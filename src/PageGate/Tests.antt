-- ===== src/PageGate/Tests.antt =====
-- A decision on two new pages.
use knowlega.Base.{String, ◌≡◌, refl, true, some, List, [], ◌∷◌}
use knowlega.Base.Text.{trim_space}
use knowlega.PageGate.Decide.{
  FileBlock, NewPageGateDecision, gated, Project, decision, rejection_review, decide,
  apply_new_page_gate,
}
use knowlega.PageGate.Kept.{Passed, decide-Passed}

abbrev files : List FileBlock
files =
    record { path = "wiki/a.md"; content = "a" } ∷ record { path = "wiki/b.md"; content = "b" } ∷ []

abbrev answer : NewPageGateDecision
answer = record {
  accepted = " wiki/a.md" ∷ [];
  rejected = record { path = "wiki/b.md"; reason = "a label" } ∷ [];
}

abbrev project : Project
project = record { page_type = λ content. some "entity"; missing = λ path. true }

one_kept :
    apply_new_page_gate project (λ candidates. decision answer) files []
    ≡ gated
        (record { path = "wiki/a.md"; content = "a" } ∷ [])
        (rejection_review "wiki/b.md" "a label" ∷ [])
unfolding apply_new_page_gate trim_space
one_kept = refl

abbrev paths : List String
paths = "wiki/a.md" ∷ "wiki/b.md" ∷ []

decide-Passed_example : Passed paths answer files [] (decide paths answer files [])
decide-Passed_example = decide-Passed paths answer files []
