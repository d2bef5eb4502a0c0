-- ===== src/Policy.antt =====
-- The budget of a generation (internal/agent/knowlega/compiler/generation_policy.go). `contract_of` is
-- generationContractSHA256, a hash of the wiki's texts and the limits. A number that is not positive
-- is 0 in the options; the number of pages that an entry has created is an int of any sign.
pub mod Budget
mod Tests
use knowlega.Base.{
  ℕ, suc, ◌+◌, ◌-◌, ◌≤◌, String, ◌≡◌, Bool, true, false, ◌&&◌, Option, none, some, arith, ◌==◌, ltb,
  ◌=ℕ◌, if◌then◌else◌,
}
use knowlega.Base.Int.{ℤ, pos, negsuc, ltz}

abbrev pub or_limit : ℕ → ℕ → ℕ
or_limit n d = if n =ℕ 0 then d else n

unfoldable pub normalized_limits : ℕ → ℕ → ℕ × ℕ
normalized_limits max_files max_new_pages = (or_limit max_files 12, or_limit max_new_pages 3)

pub record SourceManifestEntry : Type 0 where
  pub sha256 : String
  pub generation_contract : String
  pub new_page_count : ℤ

pub record GenerationPolicy : Type 0 where
  pub max_file_blocks : ℤ
  pub max_new_pages_per_source : ℕ
  pub remaining_new_pages : ℤ
  pub update_only : Bool

-- n - z and n + z.
abbrev pub minus_int : ℕ → ℤ → ℤ
minus_int n (pos m) = if ltb n m then negsuc (m - suc n) else pos (n - m)
minus_int n (negsuc m) = pos (n + suc m)

abbrev pub plus_int : ℕ → ℤ → ℤ
plus_int n (pos m) = pos (n + m)
plus_int n (negsuc m) = minus_int n (pos (suc m))

-- if remaining < 0 { remaining = 0 }
abbrev pub at_least : ℕ → ℤ → ℤ
at_least low z = if ltz z (pos low) then pos low else z

-- What is left of the budget.
unfoldable pub remaining_pages : Option SourceManifestEntry → String → String → ℕ → Bool → ℤ
remaining_pages entry source_hash contract max_new_pages update_only =
    let remaining : ℤ = elim entry [
      | none ↦ pos max_new_pages
      | some e ↦
          if e.sha256 == source_hash && e.generation_contract == contract
          then at_least 0 (minus_int max_new_pages e.new_page_count)
          else pos max_new_pages
    ] in
    if update_only then pos 0 else remaining

unfoldable pub generation_policy_for :
    (ℕ → ℕ → String)
    → ℕ
    → ℕ
    → Bool
    → Option SourceManifestEntry
    → String
    → GenerationPolicy × String
unfolding normalized_limits remaining_pages
generation_policy_for contract_of max_files max_new_pages update_only entry source_hash =
    let (files, new_pages) = normalized_limits max_files max_new_pages in
    let contract = contract_of files new_pages in
    (
      record {
        max_file_blocks = pos files;
        max_new_pages_per_source = new_pages;
        remaining_new_pages = remaining_pages entry source_hash contract new_pages update_only;
        update_only = update_only;
      },
      contract,
    )

unfoldable pub effective_policy : GenerationPolicy → ℕ → GenerationPolicy
effective_policy p existing_update_paths =
    let most = at_least 1 (plus_int (1 + existing_update_paths) p.remaining_new_pages) in
    if ltz most p.max_file_blocks then record p { max_file_blocks = most } else p
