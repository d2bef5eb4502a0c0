-- ===== src/Policy/Budget.antt =====
-- What the budget of a generation promises.
use knowlega.Base.{
  ℕ, suc, ◌+◌, ◌-◌, ◌≤◌, String, ◌≡◌, refl, ◌⊎◌, inl, inr, Bool, true, false, Option, none, some,
  arith, Bool-cases, ◌==◌, ◌&&◌, ltb,
}
use knowlega.Base.Int.{ℤ, pos, negsuc, ltz}
use knowlega.Policy.{
  SourceManifestEntry, GenerationPolicy, or_limit, normalized_limits, minus_int, plus_int, at_least,
  remaining_pages, generation_policy_for, effective_policy,
}

-- An entry whose number of created pages is negative.
abbrev pub has_negative : Option SourceManifestEntry → Bool
has_negative none = false
has_negative (some e) = ltz e.new_page_count (pos 0)

-- What is left is not negative, nothing for an update only, and at most the limit.
Left : Option SourceManifestEntry → ℕ → Bool → ℤ → Type 0
Left entry n update_only z =
    (r : ℕ) × (z ≡ pos r)
    × ((has_negative entry ≡ true) ⊎ (r ≤ n))
    × ((update_only ≡ false) ⊎ (r ≡ 0))

clamped :
    (n : ℕ) (c : ℤ)
    → (r : ℕ) × (at_least 0 (minus_int n c) ≡ pos r) × ((ltz c (pos 0) ≡ true) ⊎ (r ≤ n))
clamped n (pos m) = elim (Bool-cases (ltb n m)) [
  | inl e ↦ rw e (0, refl, inr (omega arith))
  | inr e ↦ rw e (n - m, ground arith, inr (omega arith))
]
clamped n (negsuc m) = (n + suc m, ground arith, inl refl)

remaining_pages-Left :
    (entry : Option SourceManifestEntry) (hash contract : String) (n : ℕ) (update_only : Bool)
    → Left entry n update_only (remaining_pages entry hash contract n update_only)
unfolding remaining_pages Left
remaining_pages-Left entry hash contract n true = (0, refl, inr (omega arith), inr refl)
remaining_pages-Left none hash contract n false = (n, refl, inr (omega arith), inl refl)
remaining_pages-Left (some e) hash contract n false =
    elim (Bool-cases (e.sha256 == hash && e.generation_contract == contract)) [
      | inl same ↦ let (r, is, le) = clamped n e.new_page_count in rw same (r, is, le, inl refl)
      | inr other ↦ rw other (n, refl, inr (omega arith), inl refl)
    ]

-- z ≤ w.
abbrev pub AtMost : ℤ → ℤ → Type 0
AtMost z w = ltz w z ≡ false

-- The bounds on a policy, with `files` and `pages` the limits of the options.
abbrev pub Bounded : Option SourceManifestEntry → Bool → ℕ → ℕ → ℕ → GenerationPolicy → Type 0
Bounded entry update_only files pages existing q =
    AtMost (pos 1) q.max_file_blocks
    × AtMost q.max_file_blocks (pos files)
    × AtMost q.max_file_blocks (plus_int (1 + existing) q.remaining_new_pages)
    × AtMost (pos 0) q.remaining_new_pages
    × ((update_only ≡ false) ⊎ (q.remaining_new_pages ≡ pos 0))
    × ((has_negative entry ≡ true) ⊎ AtMost q.remaining_new_pages (pos pages))

effective-Bounded :
    (entry : Option SourceManifestEntry) (update_only : Bool) (files pages existing : ℕ) (z : ℤ)
    → 1 ≤ files
    → Left entry pages update_only z
    → Bounded entry update_only files pages existing (
        effective_policy
          (record {
            max_file_blocks = pos files;
            max_new_pages_per_source = pages;
            remaining_new_pages = z;
            update_only = update_only;
          })
          existing)
unfolding effective_policy Left
effective-Bounded entry update_only files pages existing z some_file (r, is, le, idle) =
    rw is (ground (arith, some_file, le, idle))

-- The policy for any options, entry and number of existing pages allows at least one file, no more
-- files than the limit, and no more than the summary, the remaining new pages and the existing pages;
-- the remaining new pages are not negative, none for an update only, and no more than the limit unless
-- the entry's number of created pages is negative.
pub policy-bounds :
    (contract_of : ℕ → ℕ → String) (max_files max_new_pages : ℕ) (update_only : Bool)
    (entry : Option SourceManifestEntry) (hash : String) (existing : ℕ)
    → let limits = normalized_limits max_files max_new_pages in
      Bounded entry update_only limits.0 limits.1 existing (
        effective_policy
          (generation_policy_for contract_of max_files max_new_pages update_only entry hash).0
          existing)
unfolding generation_policy_for normalized_limits
policy-bounds contract_of max_files max_new_pages update_only entry hash existing =
    let files = or_limit max_files 12 in
    let pages = or_limit max_new_pages 3 in
    effective-Bounded entry update_only files pages existing _ (ground arith)
      (remaining_pages-Left entry hash (contract_of files pages) pages update_only)
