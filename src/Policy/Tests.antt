-- ===== src/Policy/Tests.antt =====
-- Budgets of some generations.
use knowlega.Base.{ℕ, String, ◌≡◌, refl, false, some}
use knowlega.Policy.{
  SourceManifestEntry, normalized_limits, generation_policy_for, effective_policy,
}
use knowlega.Policy.Budget.{Bounded, policy-bounds}
use knowlega.Base.Int.{pos, negsuc}

abbrev contract : ℕ → ℕ → String
contract files pages = "contract"

abbrev entry : SourceManifestEntry
entry = record { sha256 = "h"; generation_contract = "contract"; new_page_count = pos 2 }

one_page_left :
    (generation_policy_for contract 0 0 false (some entry) "h").0.remaining_new_pages ≡ pos 1
unfolding generation_policy_for
one_page_left = refl

-- More pages than the limit were created, and fewer than none.
no_page_left :
    (generation_policy_for contract 0 0 false
      (some (record entry { new_page_count = pos 5 }))
      "h").0.remaining_new_pages
    ≡ pos 0
unfolding generation_policy_for
no_page_left = refl

pages_beyond_limit :
    (generation_policy_for contract 0 0 false
      (some (record entry { new_page_count = negsuc 0 }))
      "h").0.remaining_new_pages
    ≡ pos 4
unfolding generation_policy_for
pages_beyond_limit = refl

policy-bounds_example :
    let limits = normalized_limits 5 0 in
    Bounded
      (some entry)
      false
      limits.0
      limits.1
      2
      (effective_policy (generation_policy_for contract 5 0 false (some entry) "h").0 2)
policy-bounds_example = policy-bounds contract 5 0 false (some entry) "h" 2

_EXERCISE_
Please find the lines in the data that contain the word "FileBlock" and copy them.

_ANSWER BOX_
  FileBlock, NewPageGateDecision, gated, Project, decision, rejection_review, decide,
abbrev files : List FileBlock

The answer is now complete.